他引着贾瑜走到提前准备的锦墩旁,其位置竟在右边的最末列,上首为兵部尚书梁信然,和对面的工部尚书吕健对坐。
贾瑜坐下,上书房之中左五右五,显得异常规整。
此时若有不知情者,只怕以为贾瑜也是景朝的六部尚书之一!
群臣见状微微惊诧,这贾景岳在圣上心中的地位,似乎比想象之中还高。
宣文帝扫了一眼身前诸人,开口道:“今日叫诸位爱卿来,为的就是如今日趋羁縻繁杂的漕务,诸卿有什么想法可畅所欲言。”
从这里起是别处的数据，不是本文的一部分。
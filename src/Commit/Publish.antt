-- ===== src/Commit/Publish.antt =====
-- `gen_new_commit` of server/repo-op.c: the new root of a library is published as a commit, merged
-- with the head where that has moved, and the branch is moved by an update that tests the head; that
-- is tried again after a conflict, three times at most.
pub mod Repos
pub mod Attempts
pub mod Ways
pub mod Landing
pub mod Refused
pub mod Uncontended
pub mod Saves
pub mod Stored
use seafile_server.Base.{
  ℕ, zero, suc, Bool, true, false, not, Option, none, some, List, [], ◌∷◌, CString, codes, str_eq,
  ltb, length, if◌then◌else◌,
}
use seafile_server.Fs.{Dirent, Objects, empty_sha1}
use seafile_server.Walk.{three}
use seafile_server.Merge.{MergeEnv, MergeState, Rc, success, failure, out_of_fuel}
use seafile_server.Merge.Trees.{seaf_merge_trees}
use seafile_server.Diff.Renames.{diff_merge_roots}
use seafile_server.Diff.Describe.{diff_results_to_description}
use seafile_server.Edit.Names.{decimal}
use seafile_server.Branch.{
  Branch, BranchState, Trans, branch_new, branch_set_commit, test_and_update_branch,
}
use seafile_server.Commit.{
  no_attributes, Commit, Repo, Commits, commit_new, repo_to_commit, repo_from_commit, get_commit,
  add_commit,
}

-- What the server keeps of its libraries, as other processes see it too: branches, commits, and the
-- directories of the library.
pub record World : Type 0 where
  pub branches : BranchState
  pub commits : Commits
  pub objects : Objects

-- The outside world. `others` and `sleeps` are what other processes do in an attempt, between the
-- reading of the head and the transaction, and while the process sleeps after it; both may depend on
-- all that they see.
pub record PublishEnv : Type 0 where
  pub sha1 : List ℕ → List ℕ
  pub others : ℕ → World → World
  pub sleeps : ℕ → World → World
  pub trans : ℕ → Trans
  pub is_virtual_repo : CString → Bool
  -- the id of the store of a library that is in the database
  pub store_of : CString → Option CString
  pub now : ℕ → ℕ
  pub commit_write_ok : CString → Bool
  -- as for a merge
  pub checksum : ℕ → List Dirent → CString
  pub write_ok : CString → Bool
  pub modifier_mtime : CString → CString → Option (Option CString × ℕ)
  pub merged_at : CString → ℕ
  pub format_time : ℕ → CString

-- What is published: the new root, made from the root of the commit `base`. `depth` bounds the
-- recursion of a merge.
pub record Change : Type 0 where
  pub depth : ℕ
  pub base : Commit
  pub new_root : CString
  pub user : CString
  pub retry_on_conflict : Bool

pub data Refusal : Type 0 where
  invalid_repo add_failed merge_failed concurrent_upload concurrent_update merge_out_of_fuel :
      Refusal

pub data Outcome : Type 0 where
  committed : CString → Outcome
  refused : Refusal → Outcome

abbrev pub creator_of : Option Commit → Option (Option CString)
creator_of none = none
creator_of (some commit) = some (some commit.creator_name)

module _ (E : PublishEnv) where
  abbrev blank_repo : CString → CString → Branch → Repo
  blank_repo id store_id head = record {
    id = id;
    store_id = store_id;
    head = head;
    root_id = [];
    last_modify = 0;
    last_modifier = [];
    attributes = no_attributes;
  }

  abbrev loaded : Repo → Option Commit → Option Repo
  loaded repo none = none
  loaded repo (some commit) = some (repo_from_commit repo commit)

  abbrev with_head : World → CString → Option CString → Option CString → Option Repo
  with_head w id none head = none
  with_head w id (some store_id) none = none
  with_head w id (some store_id) (some commit_id) =
      let head = branch_new (codes "master") id commit_id in
      loaded (blank_repo id store_id head) (get_commit w.commits id head.commit_id)

  -- `seaf_repo_manager_get_repo`, with the row that `get_repo_from_db` selects.
  unfoldable pub get_repo : World → CString → Option Repo
  unfolding branch_new get_commit repo_from_commit
  get_repo w id =
      if ltb (length id) 37
      then with_head w id (E.store_of id) (w.branches.heads id (codes "master"))
      else none

  -- The options of the merge: three ways, and the head of the other side.
  abbrev pub merge_env : World → Repo → CString → MergeEnv
  merge_env w repo remote_head = record {
    n = 3;
    do_merge = true;
    version = repo.attributes.version;
    CallbackData = Unit;
    callback = λ basedir dents x. (true, x);
    checksum = E.checksum;
    write_ok = E.write_ok;
    modifier_mtime = E.modifier_mtime remote_head;
    head_creator = creator_of (get_commit w.commits repo.id remote_head);
    now = E.merged_at;
    format_time = E.format_time;
  }

  abbrev pub merge_start : (M : MergeEnv) → M.CallbackData → Objects → MergeState M
  merge_start M x objects = record {
    conflict = false;
    visit_dirs = 0;
    merged_tree_root = [];
    data_of_callback = x;
    objects = objects;
  }

  module _ (change : Change) where
    unfoldable pub gen_merge_description :
        Repo → Objects → CString → CString → CString → Option CString
    unfolding diff_merge_roots diff_results_to_description
    gen_merge_description repo objects merged_root p1_root p2_root =
        diff_results_to_description decimal (
          diff_merge_roots change.depth objects repo.attributes.version merged_root p1_root p2_root)

    abbrev or_auto : Option CString → CString
    or_auto none = codes "Auto merge by system"
    or_auto (some desc) = desc

    abbrev saved_commit : World → Commit → Bool × Commits → (Option Refusal × World) × Commit
    saved_commit w commit (true, commits) = ((none, record w { commits = commits }), commit)
    saved_commit w commit (false, commits) = ((some add_failed, w), commit)

    unfoldable pub save_commit : World → Commit → (Option Refusal × World) × Commit
    unfolding add_commit
    save_commit w commit =
        saved_commit w commit (add_commit (E.commit_write_ok commit.commit_id) commit w.commits)

    -- The commit of a merge, whose parents are the head and the new commit.
    unfoldable pub merged_commit : Repo → Commit → Commit → Objects → Bool → CString → ℕ → Commit
    unfolding gen_merge_description commit_new repo_to_commit
    merged_commit repo current_head new_commit objects conflict merged_root time =
        let desc =
          if conflict
          then or_auto
              (gen_merge_description repo objects merged_root current_head.root_id change.new_root)
          else codes "Auto merge by system" in
        let made = commit_new E.sha1 time repo.id merged_root change.user desc in
        repo_to_commit repo record made {
          parent_id = some current_head.commit_id;
          second_parent_id = some new_commit.commit_id;
          new_merge = true;
          conflict = conflict;
        }

    abbrev after_merge :
        (M : MergeEnv)
        → World
        → Repo
        → Commit
        → Commit
        → ℕ
        → Rc × MergeState M
        → (Option Refusal × World) × Commit
    after_merge M w repo current_head new_commit time (failure, s) =
        ((some merge_failed, record w { objects = s.objects }), new_commit)
    after_merge M w repo current_head new_commit time (out_of_fuel, s) =
        ((some merge_out_of_fuel, record w { objects = s.objects }), new_commit)
    after_merge M w repo current_head new_commit time (success, s) =
        save_commit (record w { objects = s.objects })
          (merged_commit repo current_head new_commit s.objects s.conflict s.merged_tree_root time)

    -- The commit for the branch to move to, or why there is none.
    unfoldable pub merge_with_head :
        World → Repo → Commit → Commit → ℕ → (Option Refusal × World) × Commit
    unfolding save_commit merged_commit seaf_merge_trees
    merge_with_head w repo current_head new_commit time =
        if str_eq change.base.commit_id current_head.commit_id
        then ((none, w), new_commit)
        else after_merge (merge_env w repo new_commit.commit_id) w repo current_head new_commit time
            (seaf_merge_trees (merge_env w repo new_commit.commit_id) change.depth
              (three change.base.root_id current_head.root_id change.new_root)
              (merge_start (merge_env w repo new_commit.commit_id) tt w.objects))

    abbrev set_branches : World → BranchState → World
    set_branches w branches = record w { branches = branches }

    -- `next` is the retry, with the library loaded anew.
    abbrev after_update :
        ℕ → (World → Outcome × World) → Commit → World → Bool × BranchState → Outcome × World
    after_update attempt next commit w (true, branches) =
        (committed commit.commit_id, set_branches w branches)
    after_update attempt next commit w (false, branches) =
        if change.retry_on_conflict
        then next (set_branches w branches)
        else (refused concurrent_upload, set_branches w branches)

    abbrev pub update_head :
        ℕ → (World → Outcome × World) → Repo → Commit → Commit → World → Outcome × World
    update_head attempt next repo current_head commit w = after_update attempt next commit w (
        test_and_update_branch E.is_virtual_repo (E.trans attempt)
          (branch_set_commit repo.head commit.commit_id) current_head.commit_id w.branches)

    abbrev after_commit :
        ℕ
        → (World → Outcome × World)
        → Repo
        → Commit
        → (Option Refusal × World) × Commit
        → Outcome × World
    after_commit attempt next repo current_head ((some why, w), commit) = (refused why, w)
    after_commit attempt next repo current_head ((none, w), commit) =
        update_head attempt next repo current_head commit (E.others attempt w)

    abbrev with_current :
        ℕ → (World → Outcome × World) → Repo → Commit → World → Option Commit → Outcome × World
    with_current attempt next repo new_commit w none = (refused invalid_repo, w)
    with_current attempt next repo new_commit w (some current_head) =
        after_commit attempt next repo current_head
          (merge_with_head w repo current_head new_commit (E.now (suc attempt)))

    abbrev in_repo : (Repo → Outcome × World) → World → Option Repo → Outcome × World
    in_repo next w none = (refused invalid_repo, w)
    in_repo next w (some repo) = next repo

    -- From the label `retry`, with the number of retries that are left.
    unfoldable pub attempts : ℕ → ℕ → CString → Commit → Repo → World → Outcome × World
    unfolding merge_with_head test_and_update_branch branch_set_commit get_repo
    attempts zero attempt repo_id new_commit repo w =
        with_current attempt (λ w'. (refused concurrent_update, w')) repo new_commit w
          (get_commit w.commits repo.id repo.head.commit_id)
    attempts (suc left) attempt repo_id new_commit repo w =
        with_current attempt
          (λ w1.
            let w2 = E.sleeps attempt w1 in
            in_repo (λ repo'. attempts left (suc attempt) repo_id new_commit repo' w2) w2
              (get_repo w2 repo_id))
          repo new_commit w (get_commit w.commits repo.id repo.head.commit_id)

    -- The retry, with the number of retries left after it.
    abbrev pub again : ℕ → ℕ → CString → Commit → World → Outcome × World
    again left attempt repo_id new_commit w1 =
        in_repo
          (λ repo'. attempts left (suc attempt) repo_id new_commit repo' (E.sleeps attempt w1))
          (E.sleeps attempt w1) (get_repo (E.sleeps attempt w1) repo_id)

    -- MAX_RETRY_COUNT
    abbrev pub max_retry_count : ℕ
    max_retry_count = 3

    -- The commit of the new root.
    unfoldable pub new_commit_of : Repo → CString → Commit
    unfolding commit_new repo_to_commit
    new_commit_of repo desc =
        repo_to_commit repo
          record (commit_new E.sha1 (E.now 0) repo.id change.new_root change.user desc) {
            parent_id = some change.base.commit_id;
          }

    abbrev start : CString → Repo → (Option Refusal × World) × Commit → Outcome × World
    start repo_id repo ((some why, w), commit) = (refused why, w)
    start repo_id repo ((none, w), commit) = attempts max_retry_count 0 repo_id commit repo w

    unfoldable pub gen_new_commit : CString → CString → World → Outcome × World
    unfolding new_commit_of attempts save_commit get_repo
    gen_new_commit repo_id desc w =
        in_repo (λ repo. start repo_id repo (save_commit w (new_commit_of repo desc))) w
          (get_repo w repo_id)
房内气氛微滞,吕健率先起身道:“陛下,臣以为漕务之事整顿已是势在必行!”
他从前些天就开始寻查资料,笏板一早写好了数据。
吕健沉声道:“陛下,去年一年漕运征调共计民夫十四万余,合开设河道工程二十余项,然则如期完工者十中存三,各地推诿现象频发!”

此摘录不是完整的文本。